> _Problem to solve_:
Below are records; work out how many of their lines hold the string "unchanged" and give that number alone.

(Dataset entries)
-- ===== src/Sched/Push.antt =====
-- The queue of the ready tasks as one list of tasks for each priority, and the push of a task.
use mathlib.Core.List.{append-nil}
use native.Mathlib.Nat.{mul-pos}
use twan.Base.{
  ℕ, zero, suc, ◌*◌, ◌%◌, ◌<◌, ◌≤◌, ◌≡◌, ◌≢◌, inl, inr, refl, ap, ◌∙◌, true, false, [], ◌∷◌, ◌++◌,
  arith, ◌==◌, ltb, leb, Bool-cases, if◌then◌else◌, update, ℕ_discrete,
}
use twan.Dq.{Links}
use twan.Dq.Chain.{has, has-append}
use twan.Priorityq.{Priorityq}
use twan.Priorityq.Invariant.{Queues, IsPriorityq}
use twan.Priorityq.Push.{IsFree, priorityq_push_lem, push_frame}
use twan.Sched.{Metadata, SchedPriorityq, put_bin, node_of, push_bins, sched_priorityq_push}
use twan.Sched.Bins.{
  at_least, at_least-append, has-at_least, nodes, nodes-append, node-mod, nodes-out, has-nodes,
  AllBins, put-AllBins, same-IsPriorityq,
}

module _ (levels : ℕ) (tasks : ℕ → Metadata) where
  -- What a task that stands at a priority has in its metadata; it is not NULL.
  pub record IsReady (p t : ℕ) : Type 0 where
    pub at_priority : (tasks t).priority ≡ p
    pub in_levels : (tasks t).criticality < levels
    pub real : t ≢ 0

  pub record IsSched (m : Links) (q : SchedPriorityq) (s : Queues) : Type 0 where
    pub in_bins : AllBins levels m q (λ i p. at_least tasks i (s p))
    pub ready : (p t : ℕ) → p < 256 → has t (s p) ≡ true → IsReady p t

  -- the lists once the bins below `k` hold `s'` and the others `s`
  abbrev pub midway : (s s' : Queues) (k : ℕ) → ℕ → Queues
  midway s s' k i p = if ltb i k then at_least tasks i (s' p) else at_least tasks i (s p)

  pub midway_start :
      (m : Links) (q : SchedPriorityq) (s s' : Queues)
      → AllBins levels m q (λ i p. at_least tasks i (s p))
      → AllBins levels m q (midway s s' 0)
  midway_start m q s s' ok i hi =
      same-IsPriorityq m (q.bins i) _ _ (λ p. ap (nodes levels i) (ground arith)) (ok i hi)

  -- A step of a loop over the bins.
  pub midway_step :
      (m g : Links) (q : SchedPriorityq) (s s' : Queues) (k : ℕ) (b : Priorityq)
      → AllBins levels m q (midway s s' k)
      → IsPriorityq g b (λ p. nodes levels k (at_least tasks k (s' p)))
      → ((a : ℕ) → a % levels ≢ k → g a ≡ m a)
      → AllBins levels g (put_bin q k b) (midway s s' (suc k))
  midway_step m g q s s' k b ok new frame =
      put-AllBins levels m g q (midway s s' k) (midway s s' (suc k)) k b ok
        (same-IsPriorityq g b _ _ (λ p. ap (nodes levels k) (ground arith)) new)
        (λ i p ne. ground arith) frame

  pub midway_here :
      (m : Links) (q : SchedPriorityq) (s s' : Queues) (k : ℕ)
      → AllBins levels m q (midway s s' k)
      → k < levels
      → IsPriorityq m (q.bins k) (λ p. nodes levels k (at_least tasks k (s p)))
  midway_here m q s s' k ok hk =
      same-IsPriorityq m (q.bins k) _ _ (λ p. ap (nodes levels k) (ground arith)) (ok k hk)

  module _ (m : Links) (q : SchedPriorityq) (s : Queues) (t : ℕ) (ok : IsSched m q s)
      (fits : (tasks t).priority < 256) (in_levels : (tasks t).criticality < levels) (real : t ≢ 0)
      (fresh : (p : ℕ) → p < 256 → has t (s p) ≡ false) where
    pushed : Queues
    pushed = update s (tasks t).priority (s (tasks t).priority ++ t ∷ [])

    IsFree-node :
        (k : ℕ)
        → k < levels
        → IsFree (λ p. nodes levels k (at_least tasks k (s p))) (node_of levels t k)
    IsFree-node k hk = (
      not_null,
      λ p hp. ground (
        arith,
        has-nodes levels k t (at_least tasks k (s p)) hk,
        has-at_least tasks t k (s p),
        fresh p hp,
      ),
    )
      where
        not_null : node_of levels t k ≢ 0
        not_null e =
            let pos : 0 < t * levels = mul-pos (ground arith) (omega arith) in absurd (omega arith)

    bin_after :
        (k : ℕ)
        → k ≤ (tasks t).criticality
        → (p : ℕ)
        → update
            (λ p. nodes levels k (at_least tasks k (s p)))
            (tasks t).priority
            (nodes levels k (at_least tasks k (s (tasks t).priority)) ++ node_of levels t k ∷ [])
            p
          ≡ nodes levels k (at_least tasks k (pushed p))
    unfolding pushed
    bin_after k h p =
        let l : leb k (tasks t).criticality ≡ true = ground arith in
        elim (Bool-cases ((tasks t).priority == p)) [
          | inl e ↦ rw (
            e,
            at_least-append tasks k (s (tasks t).priority) (t ∷ []),
            l,
            nodes-append levels k (at_least tasks k (s (tasks t).priority)) (t ∷ []),
          )
          | inr e ↦ rw e
        ]

    unchanged :
        (i p : ℕ)
        → leb i (tasks t).criticality ≡ false
        → at_least tasks i (s p) ≡ at_least tasks i (pushed p)
    unfolding pushed
    unchanged i p l = elim (Bool-cases ((tasks t).priority == p)) [
      | inl e ↦
          let here : (tasks t).priority ≡ p = ground arith in
          rw (e, at_least-append tasks i (s (tasks t).priority) (t ∷ []), l, append-nil, here)
      | inr e ↦ rw e
    ]

    all_after :
        (i p : ℕ) → midway s pushed (suc (tasks t).criticality) i p ≡ at_least tasks i (pushed p)
    all_after i p = elim (Bool-cases (ltb i (suc (tasks t).criticality))) [
      | inl e ↦ rw e
      | inr e ↦ rw e (unchanged i p (ground arith))
    ]

    push_rounds :
        (k : ℕ)
        → k ≤ suc (tasks t).criticality
        → let (g, q') = push_bins levels tasks k t (m, q) in AllBins levels g q' (midway s pushed k)
    unfolding push_bins
    push_rounds zero h = midway_start m q s pushed ok.in_bins
    push_rounds (suc k) h =
        let (g, q') = push_bins levels tasks k t (m, q) in
        let hk : k < levels = omega (arith, in_levels) in
        let before = push_rounds k (omega arith) in
        let bin = midway_here g q' s pushed k before hk in
        let free = IsFree-node k hk in
        midway_step g _ q' s pushed k _ before
          (same-IsPriorityq _ _ _ _ (bin_after k (omega arith)) (
            priorityq_push_lem g (q'.bins k) _ (node_of levels t k) (tasks t).priority bin fits free
              false))
          (λ a out.
            push_frame g (q'.bins k) _ (node_of levels t k) (tasks t).priority false a bin fits free
              (λ e. out (ap (λ x. x % levels) e ∙ node-mod levels t k hk))
              (nodes-out levels k a _ hk out))

    IsReady-after : (p u : ℕ) → p < 256 → has u (pushed p) ≡ true → IsReady p u
    unfolding pushed
    IsReady-after p u hp h = elim (ℕ_discrete u t) [
      | yes e ↦ rw e (record { at_priority = here e; in_levels = in_levels; real = real })
      | no ne ↦ ok.ready p u hp (
          ground (
            arith,
            has-append u (s (tasks t).priority) (t ∷ []),
            λ (i : (tasks t).priority ≡ p). ap (λ x. has u (s x)) i,
          ))
    ]
      where
        here : u ≡ t → (tasks t).priority ≡ p
        here e = ground (arith, fresh p hp)

    -- `__sched_priorityq_push` of a task that is not ready yet, with a priority below 256 and a criticality
    -- below the number of levels, puts it last among its priority: in every bin up to its criticality.
    pub sched_priorityq_push_lem :
        let (g, q') = sched_priorityq_push levels tasks t (m, q) in
        IsSched g q' (update s (tasks t).priority (s (tasks t).priority ++ t ∷ []))
    unfolding sched_priorityq_push pushed
    sched_priorityq_push_lem = record {
      in_bins = λ i hi.
          same-IsPriorityq _ _ _ _ (λ p. ap (nodes levels i) (all_after i p))
            (push_rounds (suc (tasks t).criticality) (omega arith) i hi);
      ready = IsReady-after;
    }

  push_bins-criticality_level :
      (k t : ℕ) (x : Links × SchedPriorityq)
      → (push_bins levels tasks k t x).1.criticality_level ≡ x.1.criticality_level
  unfolding push_bins
  push_bins-criticality_level zero t x = refl
  push_bins-criticality_level (suc k) t x = push_bins-criticality_level k t x

  pub push-criticality_level :
      (t : ℕ) (x : Links × SchedPriorityq)
      → (sched_priorityq_push levels tasks t x).1.criticality_level ≡ x.1.criticality_level
  unfolding sched_priorityq_push
  push-criticality_level t x = push_bins-criticality_level (suc (tasks t).criticality) t x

> _Finished exercise_:
3